A previous study reported that FGFR2-IIIb ligand inhibition does not impact weight loss, mortality, lung injury, or fibrosis compared with controls in bleomycin-induced lung fibrosis (19). One of the reasons behind the discrepancy with the study by Dorry and colleagues might be that the dominant-negative soluble decoy receptor approach might trap multiple ligands that also signal through mesenchymal receptor isoforms of not only FGFR2 but also other FGFRs. In other words, such an approach might neutralize not only antifibrotic but also profibrotic FGFs, thereby neutralizing the net outcome in terms of fibrosis development. Disruption of FGFR signaling in AEC2s might also activate FGF signaling in other cell types because of increased bioavailability of FGF ligands. In addition, the experimental design of the study by Dorry and colleagues leads to deleting both the IIIb and IIIc splice variants of FGFR2 in AEC2s (12). Interestingly, FGFR2-IIIb can be alternatively spliced into FGFR2-IIIc on the basis of the surrounding environment in prostate cancer, and this class switching contributes to epithelial-to-mesenchymal transition (20). Although further studies are needed to detect and dissect the roles of potential FGFR2 splice variants in AEC2s, the study by Dorry and colleagues emphasizes the importance of FGFR2 signaling in AEC2s during homeostasis and in response to injury.

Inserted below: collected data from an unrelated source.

-- ===== src/K8s/Setup.antt =====
-- computing/docker/k8s_service.go: how the service is made, with the client set of the process.
use computing_api.Base.{
  Bool, Exec, Option, Result, Str, [], bind, branch, err, false, if◌then◌else◌, none, not, ok,
  panic, pure, raise, refl, rescue, some, str_eq, true, ◌>>=◌, ◌≡◌,
}
use computing_api.Std.Strings.Split.{replace_all, split}
use computing_api.K8s.Version.{
  is_kubernetes_version_greater_than, parse_kubernetes_version, parse_parts,
}

-- What client-go, the flags and the home directory give; the path is that of the configuration.
pub record Platform : Type 1 where
  pub Config : Type 0
  pub Clientset : Type 0
  pub in_cluster_config : Result Config
  pub home_dir : Str
  pub default_path : Str → Str
  -- `flag.Parse` of the flag with this default value; it may end the process.
  pub kube_config : Str → Result Str
  pub build_config : Str → Result Config
  pub new_for_config : Config → Result Clientset
  pub server_version : Clientset → Result Str

module _ (platform : Platform) where
  -- The variables of the package: `clientSet`, which is nil at first, and whether `k8sOnce` is done.
  pub record Globals : Type 0 where
    pub client_set : Option platform.Clientset
    pub once : Bool

  pub record K8sService : Type 0 where
    pub client_set : Option platform.Clientset
    pub version : Str

  unfoldable pub load_config : Result platform.Config
  load_config =
      rescue platform.in_cluster_config
        (λ _.
          bind
            (platform.kube_config (
              if not (str_eq platform.home_dir [])
              then platform.default_path platform.home_dir
              else []))
            platform.build_config)
        ok

  -- What the calls on a new client set leave in the two variables.
  abbrev connected : platform.Clientset → Result Str → Globals → Result Str × Globals
  connected c (ok version) g = (ok version, record g { client_set = some c })
  connected c (err e) g = (ok [], record g { client_set = some c })
  connected c (panic why) g = (panic why, record g { client_set = some c })

  abbrev configured : Result platform.Clientset → Globals → Result Str × Globals
  configured (ok c) g = connected c (platform.server_version c) g
  configured (err e) g = (ok [], record g { client_set = none })
  configured (panic why) g = (panic why, g)

  -- The function of `k8sOnce`, which logs its errors: the version that it found.
  unfoldable pub connect : Exec Globals Str
  unfolding load_config
  connect g = branch load_config (λ _. pure []) (λ c. configured (platform.new_for_config c)) g

  -- `version` is a variable of the call, and `k8sOnce` runs the function in the first call only.
  unfoldable pub new_k8s_service : Exec Globals K8sService
  unfolding connect
  new_k8s_service g =
      let first =
        (connect >>= λ version t. pure (record { client_set = t.client_set; version = version }) t)
          (record g { once = true }) in
      if g.once then pure (record { client_set = g.client_set; version = [] }) g else first

  connected-once :
      (c : platform.Clientset) (r : Result Str) (g : Globals) → (connected c r g).1.once ≡ g.once
  connected-once c (ok version) g = refl
  connected-once c (err e) g = refl
  connected-once c (panic why) g = refl

  configured-once : (r : Result platform.Clientset) (g : Globals) → (configured r g).1.once ≡ g.once
  configured-once (ok c) g = connected-once c (platform.server_version c) g
  configured-once (err e) g = refl
  configured-once (panic why) g = refl

  loaded-once :
      (r : Result platform.Config) (g : Globals)
      → (branch r (λ _. pure []) (λ c. configured (platform.new_for_config c)) g).1.once ≡ g.once
  loaded-once (ok c) g = configured-once (platform.new_for_config c) g
  loaded-once (err e) g = refl
  loaded-once (panic why) g = refl

  -- A service has the client set of the process, and `k8sOnce` is done.
  abbrev Shared : K8sService → Globals → Type 0
  Shared service g = (service.client_set ≡ g.client_set) × (g.once ≡ true)

  made-Shared :
      (r : Result Str) (g g' : Globals) (service : K8sService)
      → g.once ≡ true
      → branch r raise
          (λ version t. pure (record { client_set = t.client_set; version = version }) t)
          g
        ≡ (ok service, g')
      → Shared service g'
  made-Shared (ok version) g g' service done h = (cc, cc)
  made-Shared (err e) g g' service done h = cc
  made-Shared (panic why) g g' service done h = cc

  new_k8s_service-Shared :
      (once : Bool) (g g' : Globals) (service : K8sService)
      → g.once ≡ once
      → new_k8s_service g ≡ (ok service, g')
      → Shared service g'
  unfolding new_k8s_service connect
  new_k8s_service-Shared true g g' service e h = let h1 = rw e at h in (cc, cc)
  new_k8s_service-Shared false g g' service e h =
      made-Shared _ (connect (record g { once = true })).1 g' service
        (loaded-once load_config (record g { once = true })) (rw e at h)

  -- Where a call of `NewK8sService` has returned a service, every call after it returns one with the
  -- same client set, also where that is nil, and with no version, which
  -- `IsKubernetesVersionGreaterThan` never takes for the later one.
  pub new_k8s_service-again :
      (g g' : Globals) (service : K8sService) (target_version : Str)
      → new_k8s_service g ≡ (ok service, g')
      → (new_k8s_service g' ≡ (ok (record { client_set = service.client_set; version = [] }), g'))
        × (is_kubernetes_version_greater_than [] target_version ≡ false)
  unfolding new_k8s_service is_kubernetes_version_greater_than parse_kubernetes_version parse_parts
      split replace_all
  new_k8s_service-again g g' service target_version h =
      let (same, done) = new_k8s_service-Shared g.once g g' service refl h in
      (rw (done, same) refl, refl)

IPF is typically diagnosed at the end-stage phase in aged males. Most studies, including the present one, investigate the preventive, rather than the therapeutic, effect of candidate signaling pathways, and bench-to-bedside success stories have been rare for IPF. In the future, more comprehensive studies with cell-type–specific deletions of ligands and receptors coupled to single-cell analysis, functional assays, and validation in human-derived material might help improve understanding of the involvement of FGF signaling as well as other developmental programs in lung disease and regeneration and pave the path for targeted therapy and personalized medicine.